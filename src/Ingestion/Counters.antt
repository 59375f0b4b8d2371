-- ===== src/Ingestion/Counters.antt =====
-- pipeline.go: what a call of Receive leaves in the storage, in the queue and in the counters.
use prom_sketch_distributed.Common.{
  ℕ, ◌+◌, ◌^◌, ◌<◌, ◌≡◌, refl, sym, ap, ◌∙◌, subst, inl, inr, List, [], ◌∷◌, ◌++◌, arith,
  if◌then◌else◌, Bool-cases, length, ℤ, add_uint64,
}
use prom_sketch_distributed.Insert.Router.{Label}
use prom_sketch_distributed.Insert.Batch.{Sample, TimeSeries}
use prom_sketch_distributed.Storage.{Storage}
use prom_sketch_distributed.Forwarder.{Forwarder, forward}
use prom_sketch_distributed.Ingestion.{Pipeline, prompb_labels_to_labels, forward_series}

module _ {V : Type 0} where
  abbrev pub series_calls : List Label → List (Sample V) → List (List Label × ℤ × V)
  series_calls lbls [] = []
  series_calls lbls (x ∷ xs) = (lbls, x.timestamp, x.sample_value) ∷ series_calls lbls xs

  -- The samples of a request in the order of its series.
  abbrev pub all_calls : List (TimeSeries V) → List (List Label × ℤ × V)
  all_calls [] = []
  all_calls (ts ∷ series) = series_calls ts.labels ts.samples ++ all_calls series

  abbrev pub forward_all : List (TimeSeries V) → Forwarder (TimeSeries V) → Forwarder (TimeSeries V)
  forward_all [] f = f
  forward_all (ts ∷ series) f = forward_all series (forward f ts).0

  -- The number of samples of the series that the forwarder's queue took.
  abbrev pub queued_samples : List (TimeSeries V) → Forwarder (TimeSeries V) → ℕ
  queued_samples [] f = 0
  queued_samples (ts ∷ series) f =
      let rest = queued_samples series (forward f ts).0 in
      if (forward f ts).1 then length ts.samples + rest else rest

pub length-calls :
    {V : Type 0} (lbls : List Label) (xs : List (Sample V))
    → length (series_calls lbls xs) ≡ length xs
length-calls lbls [] = refl
length-calls lbls (x ∷ xs) = omega (arith, length-calls lbls xs)

pub queued-cons :
    {V : Type 0} (ts : TimeSeries V) (series : List (TimeSeries V)) (f : Forwarder (TimeSeries V))
    → queued_samples (ts ∷ series) f
      ≡ (if (forward f ts).1 then length ts.samples else 0) + queued_samples series (forward f ts).0
queued-cons ts series f = ground arith

pub same_labels : (ls : List Label) → prompb_labels_to_labels ls ≡ ls
unfolding prompb_labels_to_labels
same_labels [] = refl
same_labels (l ∷ ls) = ap (λ rest. l ∷ rest) (same_labels ls)

module _ {S V F : Type 0} where
  -- The counters are 64-bit words.
  pub record IsWord (p : Pipeline S V F) : Type 0 where
    pub received : p.metrics.total_samples_received < 2 ^ 64
    pub inserted : p.metrics.sketch_samples_inserted < 2 ^ 64
    pub forwarded : p.metrics.backend_samples_forwarded < 2 ^ 64
    pub tracked : p.ingest_stats.total_samples < 2 ^ 64

  -- A pipeline after `n` samples, `k` of which the storage took, and `q` of which were queued.
  pub record Counted (n k q : ℕ) (storage : Storage S) (fwd : Forwarder (TimeSeries V))
      (p p' : Pipeline S V F) : Type 0 where
    pub stored_all : p'.storage ≡ storage
    pub queued : p'.forwarder ≡ fwd
    pub counted : p'.metrics.total_samples_received ≡ add_uint64 p.metrics.total_samples_received n
    pub taken_count :
        p'.metrics.sketch_samples_inserted ≡ add_uint64 p.metrics.sketch_samples_inserted k
    pub queued_count :
        p'.metrics.backend_samples_forwarded ≡ add_uint64 p.metrics.backend_samples_forwarded q
    pub no_error : p'.metrics.errors ≡ p.metrics.errors
    pub tracked : p'.ingest_stats.total_samples ≡ add_uint64 p.ingest_stats.total_samples n

  pub Counted-IsWord :
      (n k q : ℕ) (storage : Storage S) (fwd : Forwarder (TimeSeries V)) (p p' : Pipeline S V F)
      → Counted n k q storage fwd p p'
      → IsWord p'
  Counted-IsWord n k q storage fwd p p' c = record {
    received = omega (arith, c.counted);
    inserted = omega (arith, c.taken_count);
    forwarded = omega (arith, c.queued_count);
    tracked = omega (arith, c.tracked);
  }

  pub Counted-trans :
      (n k q n' k' q' : ℕ) (st st' : Storage S) (f f' : Forwarder (TimeSeries V))
      (p u v : Pipeline S V F)
      → Counted n k q st f p u
      → Counted n' k' q' st' f' u v
      → Counted (n + n') (k + k') (q + q') st' f' p v
  Counted-trans n k q n' k' q' st st' f f' p u v a b = record {
    stored_all = b.stored_all;
    queued = b.queued;
    counted = omega (arith, a.counted, b.counted);
    taken_count = omega (arith, a.taken_count, b.taken_count);
    queued_count = omega (arith, a.queued_count, b.queued_count);
    no_error = b.no_error ∙ a.no_error;
    tracked = omega (arith, a.tracked, b.tracked);
  }

  -- The counts of what follows, in terms of the storage and the queue that it starts from.
  pub continued :
      (n : ℕ) (k : Storage S → ℕ) (q : Forwarder (TimeSeries V) → ℕ) (g : Storage S → Storage S)
      (h : Forwarder (TimeSeries V) → Forwarder (TimeSeries V)) {st : Storage S}
      {f : Forwarder (TimeSeries V)} {u v : Pipeline S V F}
      → u.storage ≡ st
      → u.forwarder ≡ f
      → Counted n (k u.storage) (q u.forwarder) (g u.storage) (h u.forwarder) u v
      → Counted n (k st) (q f) (g st) (h f) u v
  continued n k q g h {f = f} {u = u} {v = v} a b c =
      subst (λ s. Counted n (k s) (q f) (g s) (h f) u v) a
        (subst (λ x. Counted n (k u.storage) (q x) (g u.storage) (h x) u v) b c)

  pub Counted-cast :
      {n n' k k' q q' : ℕ} {st st' : Storage S} {f : Forwarder (TimeSeries V)}
      {p u : Pipeline S V F}
      → Counted n k q st f p u
      → n ≡ n'
      → k ≡ k'
      → q ≡ q'
      → st ≡ st'
      → Counted n' k' q' st' f p u
  Counted-cast h a b c d = rw (sym a, sym b, sym c, sym d) h

  pub forward_series-Counted :
      (ts : TimeSeries V) (p : Pipeline S V F)
      → IsWord p
      → Counted 0 0
          (if (forward p.forwarder ts).1 then length ts.samples else 0)
          p.storage
          (forward p.forwarder ts).0
          p
          (forward_series ts p)
  unfolding forward_series
  forward_series-Counted ts p w = elim (Bool-cases (forward p.forwarder ts).1) [
    | inl place ↦
        rw (place, forward_series)
          (record {
            stored_all = refl;
            queued = refl;
            counted = omega (arith, w.received);
            taken_count = omega (arith, w.inserted);
            queued_count = refl;
            no_error = refl;
            tracked = omega (arith, w.tracked);
          })
    | inr no_place ↦
        rw (no_place, forward_series)
          (record {
            stored_all = refl;
            queued = refl;
            counted = omega (arith, w.received);
            taken_count = omega (arith, w.inserted);
            queued_count = omega (arith, w.forwarded);
            no_error = refl;
            tracked = omega (arith, w.tracked);
          })
  ]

○ ○ ○ ○ ○ ○ ○

# Work request
Return every line above in which the string "abbrev" occurs.

# Solved problem
  abbrev pub series_calls : List Label → List (Sample V) → List (List Label × ℤ × V)
  abbrev pub all_calls : List (TimeSeries V) → List (List Label × ℤ × V)
  abbrev pub forward_all : List (TimeSeries V) → Forwarder (TimeSeries V) → Forwarder (TimeSeries V)
  abbrev pub queued_samples : List (TimeSeries V) → Forwarder (TimeSeries V) → ℕ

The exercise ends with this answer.